I must emphasise that I do not believe that it is ‘homophobic’ to recognise that monkeypox disproportionately affects men who have sex with men. In fact, I think that it is crucial that we do. By doing so, it allows to focus medical treatment and resources to this marginalised group and hopefully prevent further harm from occurring. However, this is not what conservative commentators are doing. They are not just merely stating ‘the facts’ that gay men are at a higher risk of contracting the disease. Conservatives are using monkeypox to continue the narrative that gay men and their sexual behaviours are ‘sick’, therefore making them ‘responsible’ for their own suffering. Again, this is drastically different from recognising that monkeypox disproportionately affects men who have sex with men.
Recognising that monkeypox significantly impacts this demographic allows us to better support them, whilst what conservatives are doing is perpetuating stigma which prevents people from accessing help and disincentivises gay men receiving medical treatment. Afterall, why spend money on public health initiatives if gay men could just stop having sex? Isn’t it their fault that they’re getting sick?
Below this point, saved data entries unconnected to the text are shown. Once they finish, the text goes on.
-- ===== src/Syncing/Detach.antt =====
-- The StatefulSet is backed up, deleted, and comes back.
use mathlib.Core.List.{Memᴰ}
use mathlib.Core.Path.{subst₂}
use migcontroller.Prelude.{
  ◌≡◌, refl, sym, subst, inl, inr, Bool, true, false, if◌then◌else◌, ◌∙◌, ap,
}
use migcontroller.Prelude.Dict.{lookup}
use migcontroller.Objects.{ok, err, is_not_found, StatefulSet, wrap}
use migcontroller.VolumeResize.{VolumeResize, VolumeResizeSpec}
use migcontroller.Call.{Lib, sts_get}
use migcontroller.Prog.{Prog, Log, ret, stop, ask, ◌>>=◌, expect}
use migcontroller.Prog.Safe.{
  Spec, Safe, Has-Extends, Safe-bind, Safe-on_error, Safe-if, Safe-attempt, Safe-try, OnOk,
}
use migcontroller.Sts.{
  backup_config_map, create_backup, backup_sts_to_config_map, delete_sts_orphan,
}
use migcontroller.Names.{get_sts_backup_config_map_name}
use migcontroller.Controller.Results.{Outcome, failure}
use migcontroller.Controller.Syncing.{sts_marked_deleted, annotate_deleted, orphan_sts, detach_sts}
use migcontroller.Syncing.Guard.{
  Has, Target, IsOf, SameTarget, sync_spec, IsBackedUp, FollowsSyncing,
}
use migcontroller.Syncing.Claims.{fail-Safe}
use migcontroller.Syncing.Swap.{inner, tolerated}

pub IsOf-SameTarget :
    {t : Target} {sent vr : VolumeResize} → IsOf t sent → SameTarget sent vr → IsOf t vr
IsOf-SameTarget of (e₁, e₂, e₃, e₄) = record {
  namespace = e₁ ∙ of.namespace;
  name = e₂ ∙ of.name;
  sts_name = ap (λ (s : VolumeResizeSpec). s.stateful_set_name) e₃ ∙ of.sts_name;
  in_syncing = e₄ ∙ of.in_syncing;
}

module _ (lib : Lib) (t : Target) where
  create_backup-Safe :
      (l : Log) (vr : VolumeResize) (sts : StatefulSet)
      → Safe
          (inner lib t)
          l
          (create_backup lib vr sts)
          (λ l' _. IsBackedUp lib vr.meta.namespace vr.meta.name sts l')
  unfolding create_backup lookup
  create_backup-Safe l vr sts =
      Safe-bind (inner lib t) l (expect "failed to serialize StatefulSet: " (lib.marshal sts)) _
        (λ l' json. lib.marshal sts ≡ ok json) _
        (Safe-on_error (inner lib t) l (lib.marshal sts) _ _ (λ json e. e) (λ _ _. tt))
        (λ l₁ json x₁ e. (
          tt,
          elim [
            | err _ ↦ λ _. tt
            | ok stored ↦ λ _.
                inr (backup_config_map vr json, stored, json, e, refl, refl, refl, Memᴰ.head refl)
          ],
        ))

  backup-Safe :
      (l : Log) (vr : VolumeResize) (sts : StatefulSet)
      → Safe
          (sync_spec lib t)
          l
          (backup_sts_to_config_map lib vr sts)
          (λ l' r. OnOk r (λ _. IsBackedUp lib vr.meta.namespace vr.meta.name sts l'))
  unfolding backup_sts_to_config_map
  backup-Safe l vr sts = (
    tt,
    elim [
      | ok cm ↦ λ _. inl (cm, Memᴰ.head refl)
      | err e ↦ λ _.
          Safe-if (sync_spec lib t) _ (is_not_found e) _ _ _
            (λ _.
              Safe-attempt (sync_spec lib t) _ (create_backup lib vr sts)
                (λ l' r. OnOk r (λ _. IsBackedUp lib vr.meta.namespace vr.meta.name sts l'))
                (create_backup-Safe _ vr sts))
            (λ _. tt)
    ],
  )

  delete_sts_orphan-Safe :
      (l : Log) (sts : StatefulSet)
      → Has l (sts_get t.namespace t.sts_name) (ok sts)
      → IsBackedUp lib t.namespace t.vr_name sts l
      → Safe (sync_spec lib t) l (delete_sts_orphan sts) (λ l' r. OnOk r (λ _. Unit {0}))
  unfolding delete_sts_orphan
  delete_sts_orphan-Safe l sts read backed = (
    (sts, read, refl, refl, backed),
    elim [
      | ok u ↦ λ _. tt
      | err e ↦ λ _.
          Safe-attempt (sync_spec lib t) _
            ((if is_not_found e then ret tt else stop (wrap _ e)) >>= λ _. ret sts)
            (λ l' r. OnOk r (λ _. Unit {0}))
            (Safe-bind (inner lib t) _ (if is_not_found e then ret tt else stop (wrap _ e)) _
              (λ _ _. Unit {0}) _ (tolerated lib t _ _ e) (λ _ _ _ _. tt))
    ],
  )

  orphan_sts-Safe :
      (l : Log) (vr : VolumeResize) (sts : StatefulSet)
      → IsOf t vr
      → Has l (sts_get vr.meta.namespace vr.spec.stateful_set_name) (ok sts)
      → Safe (sync_spec lib t) l (orphan_sts lib vr sts) (λ _ v. IsOf t v)
  unfolding orphan_sts
  orphan_sts-Safe l vr sts of read =
      Safe-try s l (backup_sts_to_config_map lib vr sts) _ _
        (λ l' _. IsBackedUp lib vr.meta.namespace vr.meta.name sts l') _ (backup-Safe l vr sts)
        (λ l' e _. fail-Safe lib t l' vr _ _)
        (λ l₁ _ x₁ backed.
          Safe-try s l₁ (delete_sts_orphan sts) _ _ (λ _ _. Unit {0}) _
            (delete_sts_orphan-Safe l₁ sts (at_target l₁ (Has-Extends read x₁))
              (subst₂ (λ n k. IsBackedUp lib n k sts l₁) of.namespace of.name backed))
            (λ l' e _. fail-Safe lib t l' vr _ _)
            (λ l₂ _ x₂ _. (
              tt,
              elim [
                | err e ↦ λ _. tt
                | ok updated ↦ λ same_as.
                    let of' : IsOf t updated = IsOf-SameTarget (annotated of) same_as in
                    (
                      subst FollowsSyncing (sym of'.in_syncing) tt,
                      elim [
                        | err e ↦ λ _. tt
                        | ok saved ↦ λ same_as'. IsOf-SameTarget (noted of') same_as'
                      ],
                    )
              ],
            )))
    where
      s : Spec Outcome
      s = sync_spec lib t

      at_target :
          (m : Log)
          → Has m (sts_get vr.meta.namespace vr.spec.stateful_set_name) (ok sts)
          → Has m (sts_get t.namespace t.sts_name) (ok sts)
      at_target m h = subst₂ (λ n k. Has m (sts_get n k) (ok sts)) of.namespace of.sts_name h

      annotated : IsOf t vr → IsOf t (annotate_deleted vr)
      annotated o = record {
        namespace = o.namespace;
        name = o.name;
        sts_name = o.sts_name;
        in_syncing = o.in_syncing;
      }

      noted :
          {v : VolumeResize}
          → IsOf t v
          → IsOf t (record v {
            status = record v.status {
              backup_config_map_name = get_sts_backup_config_map_name v.meta.name;
            };
          })
      noted o = record {
        namespace = o.namespace;
        name = o.name;
        sts_name = o.sts_name;
        in_syncing = o.in_syncing;
      }

  -- behind the detachment the object in hand is still the target's
  pub detach_sts-Safe :
      (l : Log) (vr : VolumeResize)
      → IsOf t vr
      → Safe (sync_spec lib t) l (detach_sts lib vr) (λ _ v. IsOf t v)
  unfolding detach_sts
  detach_sts-Safe l vr of = marked (sts_marked_deleted vr)
    where
      unmarked : Prog Outcome VolumeResize
      unmarked = do
        found ← ask (sts_get vr.meta.namespace vr.spec.stateful_set_name)
        elim found [
          | ok sts ↦ orphan_sts lib vr sts
          | err e ↦ if is_not_found e then ret vr else stop (failure e)
        ]

      marked :
          (b : Bool)
          → Safe (sync_spec lib t) l (elim b [ true ↦ ret vr | false ↦ unmarked ]) (λ _ v. IsOf t v)
      marked true = of
      marked false = (
        tt,
        elim [
          | ok sts ↦ λ _. orphan_sts-Safe _ vr sts of (Memᴰ.head refl)
          | err e ↦ λ _. Safe-if (sync_spec lib t) _ (is_not_found e) _ _ _ (λ _. of) (λ _. tt)
        ],
      )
On TikTok, I have seen gay men post about their experiences with monkeypox. In one video posted on the platform by @tonanty, viewed over 33 million times, he says: “Hey guys, this is what monkeypox looks like. My whole body is basically covered, and it’s not fun. Get the vaccine and stay safe because this is really painful and I don’t even know if I won’t have scars for the rest of my life”. You can see large blisters on his face and hands.
If I was a teenager watching that video I would have been terrified. The fear of getting this ‘gay disease’ and having everyone know that I was gay and was being ‘deservedly’ punished for it, would have been traumatising.
I can assure you that I would not have had that first kiss.